SUPPLIED MATERIAL:
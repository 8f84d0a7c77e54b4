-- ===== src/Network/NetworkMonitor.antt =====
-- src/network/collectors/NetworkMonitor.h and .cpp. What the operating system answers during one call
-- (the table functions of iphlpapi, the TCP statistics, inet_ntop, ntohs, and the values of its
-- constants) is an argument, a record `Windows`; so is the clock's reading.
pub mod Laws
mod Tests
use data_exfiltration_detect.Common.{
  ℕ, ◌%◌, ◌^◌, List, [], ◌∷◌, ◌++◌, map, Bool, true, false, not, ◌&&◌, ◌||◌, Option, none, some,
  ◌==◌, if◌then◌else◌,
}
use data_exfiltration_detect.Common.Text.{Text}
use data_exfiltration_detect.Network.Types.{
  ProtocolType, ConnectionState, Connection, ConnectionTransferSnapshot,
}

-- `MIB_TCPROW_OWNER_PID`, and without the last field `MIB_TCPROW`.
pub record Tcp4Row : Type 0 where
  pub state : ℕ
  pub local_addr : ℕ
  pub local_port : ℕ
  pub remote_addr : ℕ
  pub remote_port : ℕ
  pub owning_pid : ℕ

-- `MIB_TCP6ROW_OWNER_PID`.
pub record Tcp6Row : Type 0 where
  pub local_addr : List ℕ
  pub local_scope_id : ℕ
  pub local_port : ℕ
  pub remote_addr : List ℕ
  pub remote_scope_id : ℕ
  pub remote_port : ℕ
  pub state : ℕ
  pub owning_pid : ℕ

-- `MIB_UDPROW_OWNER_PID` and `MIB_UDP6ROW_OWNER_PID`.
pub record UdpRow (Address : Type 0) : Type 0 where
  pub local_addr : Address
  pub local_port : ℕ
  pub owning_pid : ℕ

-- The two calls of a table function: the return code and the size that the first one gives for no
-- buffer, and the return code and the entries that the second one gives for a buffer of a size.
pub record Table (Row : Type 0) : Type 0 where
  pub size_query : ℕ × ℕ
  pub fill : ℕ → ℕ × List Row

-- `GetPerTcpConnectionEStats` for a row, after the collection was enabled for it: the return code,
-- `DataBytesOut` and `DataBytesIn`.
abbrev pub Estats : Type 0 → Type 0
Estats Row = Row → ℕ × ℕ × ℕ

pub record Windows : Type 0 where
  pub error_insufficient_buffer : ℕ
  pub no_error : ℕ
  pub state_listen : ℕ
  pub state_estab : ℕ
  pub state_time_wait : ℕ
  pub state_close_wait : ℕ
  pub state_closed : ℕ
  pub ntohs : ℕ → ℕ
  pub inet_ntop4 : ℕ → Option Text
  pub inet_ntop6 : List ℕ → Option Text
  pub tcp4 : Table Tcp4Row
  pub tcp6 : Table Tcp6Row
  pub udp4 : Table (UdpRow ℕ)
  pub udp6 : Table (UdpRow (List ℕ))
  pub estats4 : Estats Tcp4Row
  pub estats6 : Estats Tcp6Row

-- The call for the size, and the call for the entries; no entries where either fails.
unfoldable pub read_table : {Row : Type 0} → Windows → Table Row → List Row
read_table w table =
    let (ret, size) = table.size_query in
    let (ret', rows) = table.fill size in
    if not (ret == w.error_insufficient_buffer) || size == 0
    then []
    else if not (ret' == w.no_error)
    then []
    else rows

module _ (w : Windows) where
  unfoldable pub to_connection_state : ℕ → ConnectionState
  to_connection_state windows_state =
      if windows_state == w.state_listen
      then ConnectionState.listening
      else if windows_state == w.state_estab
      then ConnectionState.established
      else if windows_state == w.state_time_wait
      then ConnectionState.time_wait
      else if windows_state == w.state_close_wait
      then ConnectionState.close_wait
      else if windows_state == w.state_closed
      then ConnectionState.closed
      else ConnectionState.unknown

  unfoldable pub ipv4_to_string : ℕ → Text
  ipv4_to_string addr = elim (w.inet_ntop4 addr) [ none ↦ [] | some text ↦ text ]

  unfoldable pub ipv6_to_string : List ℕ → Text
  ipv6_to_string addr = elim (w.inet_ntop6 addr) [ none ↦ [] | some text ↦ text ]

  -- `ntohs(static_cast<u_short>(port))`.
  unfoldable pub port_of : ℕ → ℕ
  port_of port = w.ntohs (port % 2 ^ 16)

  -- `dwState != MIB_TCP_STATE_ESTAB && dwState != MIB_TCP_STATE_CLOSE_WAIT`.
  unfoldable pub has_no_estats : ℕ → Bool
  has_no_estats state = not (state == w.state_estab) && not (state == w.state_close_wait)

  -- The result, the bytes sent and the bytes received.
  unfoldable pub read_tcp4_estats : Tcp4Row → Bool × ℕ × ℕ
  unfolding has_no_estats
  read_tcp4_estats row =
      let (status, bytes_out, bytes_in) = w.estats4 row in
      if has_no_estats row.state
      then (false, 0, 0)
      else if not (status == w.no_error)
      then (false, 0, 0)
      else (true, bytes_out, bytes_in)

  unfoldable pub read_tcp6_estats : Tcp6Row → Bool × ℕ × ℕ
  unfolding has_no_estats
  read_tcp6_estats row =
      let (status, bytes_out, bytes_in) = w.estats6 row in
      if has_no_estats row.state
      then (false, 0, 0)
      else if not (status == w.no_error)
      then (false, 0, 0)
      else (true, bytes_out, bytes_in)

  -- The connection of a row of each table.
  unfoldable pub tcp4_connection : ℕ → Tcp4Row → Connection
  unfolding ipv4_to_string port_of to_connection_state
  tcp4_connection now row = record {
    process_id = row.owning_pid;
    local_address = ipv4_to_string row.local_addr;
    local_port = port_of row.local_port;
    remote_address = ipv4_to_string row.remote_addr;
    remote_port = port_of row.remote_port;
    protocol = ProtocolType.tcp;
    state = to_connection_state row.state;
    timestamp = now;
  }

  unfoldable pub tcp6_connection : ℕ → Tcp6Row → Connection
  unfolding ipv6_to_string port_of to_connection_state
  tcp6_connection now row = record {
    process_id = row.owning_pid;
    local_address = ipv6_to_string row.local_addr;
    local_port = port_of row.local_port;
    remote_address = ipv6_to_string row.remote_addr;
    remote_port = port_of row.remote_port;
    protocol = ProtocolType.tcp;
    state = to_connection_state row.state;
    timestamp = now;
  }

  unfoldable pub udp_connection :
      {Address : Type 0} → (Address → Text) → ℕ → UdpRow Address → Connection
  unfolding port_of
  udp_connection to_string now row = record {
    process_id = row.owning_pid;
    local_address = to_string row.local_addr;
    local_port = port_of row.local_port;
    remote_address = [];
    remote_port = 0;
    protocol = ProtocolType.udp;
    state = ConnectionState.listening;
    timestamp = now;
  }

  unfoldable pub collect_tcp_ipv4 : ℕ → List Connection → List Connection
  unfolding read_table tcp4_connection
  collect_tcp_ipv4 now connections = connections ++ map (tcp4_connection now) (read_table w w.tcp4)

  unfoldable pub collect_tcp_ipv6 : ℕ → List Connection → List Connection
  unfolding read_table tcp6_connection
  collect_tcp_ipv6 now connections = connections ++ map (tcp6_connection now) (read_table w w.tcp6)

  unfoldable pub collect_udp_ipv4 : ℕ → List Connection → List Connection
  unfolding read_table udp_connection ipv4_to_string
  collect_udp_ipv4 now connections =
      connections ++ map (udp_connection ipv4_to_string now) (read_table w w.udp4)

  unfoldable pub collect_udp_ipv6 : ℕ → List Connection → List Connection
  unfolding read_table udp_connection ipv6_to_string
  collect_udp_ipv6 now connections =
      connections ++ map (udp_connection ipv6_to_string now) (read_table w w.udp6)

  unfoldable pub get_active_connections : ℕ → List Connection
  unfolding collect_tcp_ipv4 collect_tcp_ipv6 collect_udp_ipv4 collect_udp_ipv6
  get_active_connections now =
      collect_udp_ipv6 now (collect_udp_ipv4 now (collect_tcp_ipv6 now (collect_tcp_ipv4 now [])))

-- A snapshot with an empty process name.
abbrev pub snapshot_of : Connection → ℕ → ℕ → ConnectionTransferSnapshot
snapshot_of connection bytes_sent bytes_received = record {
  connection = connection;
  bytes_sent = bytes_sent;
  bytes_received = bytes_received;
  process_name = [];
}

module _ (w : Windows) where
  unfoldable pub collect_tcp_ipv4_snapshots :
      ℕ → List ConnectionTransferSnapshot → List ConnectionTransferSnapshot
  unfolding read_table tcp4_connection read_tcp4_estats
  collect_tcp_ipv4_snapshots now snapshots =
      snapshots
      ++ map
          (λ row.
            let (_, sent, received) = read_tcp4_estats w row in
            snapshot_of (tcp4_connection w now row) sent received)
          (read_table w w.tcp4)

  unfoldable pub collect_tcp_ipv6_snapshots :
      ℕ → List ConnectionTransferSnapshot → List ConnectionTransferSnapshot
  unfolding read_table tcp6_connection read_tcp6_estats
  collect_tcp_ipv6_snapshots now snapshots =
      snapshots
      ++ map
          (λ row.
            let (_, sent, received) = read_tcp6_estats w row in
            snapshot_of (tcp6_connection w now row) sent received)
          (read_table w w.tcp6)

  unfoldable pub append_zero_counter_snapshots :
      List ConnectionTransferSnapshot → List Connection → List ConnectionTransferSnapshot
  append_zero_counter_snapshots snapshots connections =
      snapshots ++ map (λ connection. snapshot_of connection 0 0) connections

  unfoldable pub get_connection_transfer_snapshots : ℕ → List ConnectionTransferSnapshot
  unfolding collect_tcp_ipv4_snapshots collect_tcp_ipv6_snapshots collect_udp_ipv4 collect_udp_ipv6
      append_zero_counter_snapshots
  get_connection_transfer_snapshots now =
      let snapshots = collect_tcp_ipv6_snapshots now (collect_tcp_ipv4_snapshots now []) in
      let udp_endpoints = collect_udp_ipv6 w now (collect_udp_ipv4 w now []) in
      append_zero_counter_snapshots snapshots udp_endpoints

==

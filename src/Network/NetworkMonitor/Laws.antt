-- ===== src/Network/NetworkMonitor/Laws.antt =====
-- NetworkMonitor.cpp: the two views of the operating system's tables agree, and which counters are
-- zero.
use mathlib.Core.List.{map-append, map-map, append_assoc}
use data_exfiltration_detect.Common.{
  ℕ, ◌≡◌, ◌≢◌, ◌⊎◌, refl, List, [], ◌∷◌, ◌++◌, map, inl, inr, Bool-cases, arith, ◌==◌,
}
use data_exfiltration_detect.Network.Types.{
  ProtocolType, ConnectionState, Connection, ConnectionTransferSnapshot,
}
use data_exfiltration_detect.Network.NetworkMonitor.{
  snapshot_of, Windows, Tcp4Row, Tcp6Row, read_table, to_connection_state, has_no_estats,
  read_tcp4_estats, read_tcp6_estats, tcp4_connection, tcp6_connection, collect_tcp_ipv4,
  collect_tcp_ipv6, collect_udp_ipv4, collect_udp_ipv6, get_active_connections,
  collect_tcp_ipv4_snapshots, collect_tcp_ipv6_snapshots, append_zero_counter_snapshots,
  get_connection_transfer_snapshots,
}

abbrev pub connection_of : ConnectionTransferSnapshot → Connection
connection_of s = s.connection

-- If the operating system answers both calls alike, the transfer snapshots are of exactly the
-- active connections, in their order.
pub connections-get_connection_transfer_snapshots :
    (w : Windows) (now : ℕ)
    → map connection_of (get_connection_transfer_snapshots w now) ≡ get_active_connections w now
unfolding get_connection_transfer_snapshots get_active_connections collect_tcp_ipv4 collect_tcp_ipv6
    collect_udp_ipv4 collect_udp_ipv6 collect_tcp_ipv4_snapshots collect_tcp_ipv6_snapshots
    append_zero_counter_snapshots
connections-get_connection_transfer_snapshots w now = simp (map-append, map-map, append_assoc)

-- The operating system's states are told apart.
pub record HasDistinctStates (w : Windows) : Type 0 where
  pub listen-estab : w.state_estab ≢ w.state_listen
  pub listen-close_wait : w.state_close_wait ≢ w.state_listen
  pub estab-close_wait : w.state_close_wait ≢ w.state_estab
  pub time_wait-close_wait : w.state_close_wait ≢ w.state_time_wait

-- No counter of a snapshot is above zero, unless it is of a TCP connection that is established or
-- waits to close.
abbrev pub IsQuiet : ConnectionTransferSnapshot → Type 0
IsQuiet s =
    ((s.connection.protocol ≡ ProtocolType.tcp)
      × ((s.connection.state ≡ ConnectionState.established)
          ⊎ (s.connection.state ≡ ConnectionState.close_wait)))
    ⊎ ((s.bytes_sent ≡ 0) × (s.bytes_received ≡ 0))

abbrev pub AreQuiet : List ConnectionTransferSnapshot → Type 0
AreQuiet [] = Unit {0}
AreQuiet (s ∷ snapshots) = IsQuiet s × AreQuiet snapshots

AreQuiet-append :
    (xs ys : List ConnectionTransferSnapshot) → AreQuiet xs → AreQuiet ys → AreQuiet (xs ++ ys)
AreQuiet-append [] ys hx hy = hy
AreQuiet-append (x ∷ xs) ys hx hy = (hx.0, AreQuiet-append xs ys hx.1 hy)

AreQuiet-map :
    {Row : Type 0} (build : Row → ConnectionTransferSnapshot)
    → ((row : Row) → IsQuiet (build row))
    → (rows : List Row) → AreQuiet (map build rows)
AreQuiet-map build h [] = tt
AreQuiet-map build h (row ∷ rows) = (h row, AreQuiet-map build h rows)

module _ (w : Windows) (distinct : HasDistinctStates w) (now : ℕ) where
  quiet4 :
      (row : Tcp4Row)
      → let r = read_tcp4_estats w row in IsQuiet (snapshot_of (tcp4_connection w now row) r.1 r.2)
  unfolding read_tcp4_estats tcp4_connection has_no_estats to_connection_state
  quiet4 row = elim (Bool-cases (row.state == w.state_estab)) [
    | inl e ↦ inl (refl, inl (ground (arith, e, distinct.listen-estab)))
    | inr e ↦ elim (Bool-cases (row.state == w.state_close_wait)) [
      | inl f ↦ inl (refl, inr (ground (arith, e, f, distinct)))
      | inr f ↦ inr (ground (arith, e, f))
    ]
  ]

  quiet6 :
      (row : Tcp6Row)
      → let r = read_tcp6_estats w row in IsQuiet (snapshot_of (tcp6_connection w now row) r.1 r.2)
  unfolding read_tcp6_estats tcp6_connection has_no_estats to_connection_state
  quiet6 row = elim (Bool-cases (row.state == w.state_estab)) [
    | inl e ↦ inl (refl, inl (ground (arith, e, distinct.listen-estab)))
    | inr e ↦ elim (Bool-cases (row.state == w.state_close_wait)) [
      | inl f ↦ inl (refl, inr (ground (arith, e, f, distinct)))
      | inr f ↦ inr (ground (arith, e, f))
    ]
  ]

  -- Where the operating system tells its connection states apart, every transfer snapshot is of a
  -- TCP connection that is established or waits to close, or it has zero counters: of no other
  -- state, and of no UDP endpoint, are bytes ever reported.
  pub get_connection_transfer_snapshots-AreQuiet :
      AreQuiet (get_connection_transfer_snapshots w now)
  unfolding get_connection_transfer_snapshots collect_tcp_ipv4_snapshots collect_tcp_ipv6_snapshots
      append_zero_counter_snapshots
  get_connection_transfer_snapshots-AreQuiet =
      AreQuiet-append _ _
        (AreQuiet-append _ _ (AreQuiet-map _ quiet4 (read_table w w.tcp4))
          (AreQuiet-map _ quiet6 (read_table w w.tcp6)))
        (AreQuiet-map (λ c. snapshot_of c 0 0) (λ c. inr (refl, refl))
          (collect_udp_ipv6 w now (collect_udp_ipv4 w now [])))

ABOUT THIS EXERCISE:
One stretch of the lines above is wanted, from the line that contains "repository 8f84d0a7c77e54b4" through the line that contains "pub estats4 : Estats Tcp4Row". Output it exactly.

REPLY TO THE TASK:
repository 8f84d0a7c77e54b4
-- ===== src/Network/NetworkMonitor.antt =====
-- src/network/collectors/NetworkMonitor.h and .cpp. What the operating system answers during one call
-- (the table functions of iphlpapi, the TCP statistics, inet_ntop, ntohs, and the values of its
-- constants) is an argument, a record `Windows`; so is the clock's reading.
pub mod Laws
mod Tests
use data_exfiltration_detect.Common.{
  ℕ, ◌%◌, ◌^◌, List, [], ◌∷◌, ◌++◌, map, Bool, true, false, not, ◌&&◌, ◌||◌, Option, none, some,
  ◌==◌, if◌then◌else◌,
}
use data_exfiltration_detect.Common.Text.{Text}
use data_exfiltration_detect.Network.Types.{
  ProtocolType, ConnectionState, Connection, ConnectionTransferSnapshot,
}

-- `MIB_TCPROW_OWNER_PID`, and without the last field `MIB_TCPROW`.
pub record Tcp4Row : Type 0 where
  pub state : ℕ
  pub local_addr : ℕ
  pub local_port : ℕ
  pub remote_addr : ℕ
  pub remote_port : ℕ
  pub owning_pid : ℕ

-- `MIB_TCP6ROW_OWNER_PID`.
pub record Tcp6Row : Type 0 where
  pub local_addr : List ℕ
  pub local_scope_id : ℕ
  pub local_port : ℕ
  pub remote_addr : List ℕ
  pub remote_scope_id : ℕ
  pub remote_port : ℕ
  pub state : ℕ
  pub owning_pid : ℕ

-- `MIB_UDPROW_OWNER_PID` and `MIB_UDP6ROW_OWNER_PID`.
pub record UdpRow (Address : Type 0) : Type 0 where
  pub local_addr : Address
  pub local_port : ℕ
  pub owning_pid : ℕ

-- The two calls of a table function: the return code and the size that the first one gives for no
-- buffer, and the return code and the entries that the second one gives for a buffer of a size.
pub record Table (Row : Type 0) : Type 0 where
  pub size_query : ℕ × ℕ
  pub fill : ℕ → ℕ × List Row

-- `GetPerTcpConnectionEStats` for a row, after the collection was enabled for it: the return code,
-- `DataBytesOut` and `DataBytesIn`.
abbrev pub Estats : Type 0 → Type 0
Estats Row = Row → ℕ × ℕ × ℕ

pub record Windows : Type 0 where
  pub error_insufficient_buffer : ℕ
  pub no_error : ℕ
  pub state_listen : ℕ
  pub state_estab : ℕ
  pub state_time_wait : ℕ
  pub state_close_wait : ℕ
  pub state_closed : ℕ
  pub ntohs : ℕ → ℕ
  pub inet_ntop4 : ℕ → Option Text
  pub inet_ntop6 : List ℕ → Option Text
  pub tcp4 : Table Tcp4Row
  pub tcp6 : Table Tcp6Row
  pub udp4 : Table (UdpRow ℕ)
  pub udp6 : Table (UdpRow (List ℕ))
  pub estats4 : Estats Tcp4Row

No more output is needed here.